=== DATA TO USE ===

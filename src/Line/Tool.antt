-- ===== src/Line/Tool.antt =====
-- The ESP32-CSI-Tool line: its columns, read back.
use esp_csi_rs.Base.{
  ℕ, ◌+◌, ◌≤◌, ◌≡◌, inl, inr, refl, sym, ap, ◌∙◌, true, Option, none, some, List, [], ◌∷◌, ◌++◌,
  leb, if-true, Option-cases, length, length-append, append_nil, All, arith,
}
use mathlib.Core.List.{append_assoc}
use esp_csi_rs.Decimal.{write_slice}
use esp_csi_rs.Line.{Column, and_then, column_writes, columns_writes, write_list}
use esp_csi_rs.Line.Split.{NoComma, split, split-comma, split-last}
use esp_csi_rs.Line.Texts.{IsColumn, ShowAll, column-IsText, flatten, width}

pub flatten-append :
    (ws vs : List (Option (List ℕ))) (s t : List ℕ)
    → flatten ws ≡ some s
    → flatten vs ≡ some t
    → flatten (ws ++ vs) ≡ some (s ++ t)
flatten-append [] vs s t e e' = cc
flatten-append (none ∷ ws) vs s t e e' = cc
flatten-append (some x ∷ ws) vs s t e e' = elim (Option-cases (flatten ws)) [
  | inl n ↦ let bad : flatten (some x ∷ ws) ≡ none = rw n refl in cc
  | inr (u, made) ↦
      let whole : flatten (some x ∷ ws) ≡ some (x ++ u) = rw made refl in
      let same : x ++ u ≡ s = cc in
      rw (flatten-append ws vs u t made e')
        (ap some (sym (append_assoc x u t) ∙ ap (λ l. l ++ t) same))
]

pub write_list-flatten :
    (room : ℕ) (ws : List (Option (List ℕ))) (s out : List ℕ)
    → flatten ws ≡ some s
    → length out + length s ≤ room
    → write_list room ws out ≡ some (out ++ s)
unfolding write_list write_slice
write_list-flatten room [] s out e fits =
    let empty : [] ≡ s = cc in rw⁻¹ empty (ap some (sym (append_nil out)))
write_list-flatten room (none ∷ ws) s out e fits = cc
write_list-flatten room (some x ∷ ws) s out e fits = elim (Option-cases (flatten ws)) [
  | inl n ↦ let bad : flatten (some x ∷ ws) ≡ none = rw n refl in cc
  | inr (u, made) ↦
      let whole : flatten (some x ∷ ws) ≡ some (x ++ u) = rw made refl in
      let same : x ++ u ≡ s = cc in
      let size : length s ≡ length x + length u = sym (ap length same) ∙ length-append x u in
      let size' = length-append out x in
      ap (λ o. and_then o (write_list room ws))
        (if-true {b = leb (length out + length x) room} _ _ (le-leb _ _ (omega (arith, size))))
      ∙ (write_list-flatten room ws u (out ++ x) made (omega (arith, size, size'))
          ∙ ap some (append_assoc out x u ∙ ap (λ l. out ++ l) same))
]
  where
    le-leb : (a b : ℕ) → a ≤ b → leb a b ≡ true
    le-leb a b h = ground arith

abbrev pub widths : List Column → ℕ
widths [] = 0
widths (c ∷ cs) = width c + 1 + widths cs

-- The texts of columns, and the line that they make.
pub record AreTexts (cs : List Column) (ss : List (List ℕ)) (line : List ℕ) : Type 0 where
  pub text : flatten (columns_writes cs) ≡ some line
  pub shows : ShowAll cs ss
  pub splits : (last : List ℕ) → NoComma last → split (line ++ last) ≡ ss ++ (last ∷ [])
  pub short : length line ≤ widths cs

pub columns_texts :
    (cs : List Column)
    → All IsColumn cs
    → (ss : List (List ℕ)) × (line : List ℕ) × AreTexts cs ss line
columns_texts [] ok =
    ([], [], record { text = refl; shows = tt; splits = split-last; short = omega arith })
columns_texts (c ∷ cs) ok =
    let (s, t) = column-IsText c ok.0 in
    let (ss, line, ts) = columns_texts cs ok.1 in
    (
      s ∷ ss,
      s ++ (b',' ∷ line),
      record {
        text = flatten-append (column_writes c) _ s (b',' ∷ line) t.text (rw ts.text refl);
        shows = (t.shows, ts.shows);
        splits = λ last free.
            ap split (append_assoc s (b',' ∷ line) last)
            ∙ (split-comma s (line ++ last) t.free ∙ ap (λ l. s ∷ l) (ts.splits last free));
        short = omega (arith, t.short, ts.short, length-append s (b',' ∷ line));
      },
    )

===

◆ ASSIGNMENT: Across the data above, count the lines that include the word "Tool", and respond with the number alone.

◆ ANSWER AREA: 3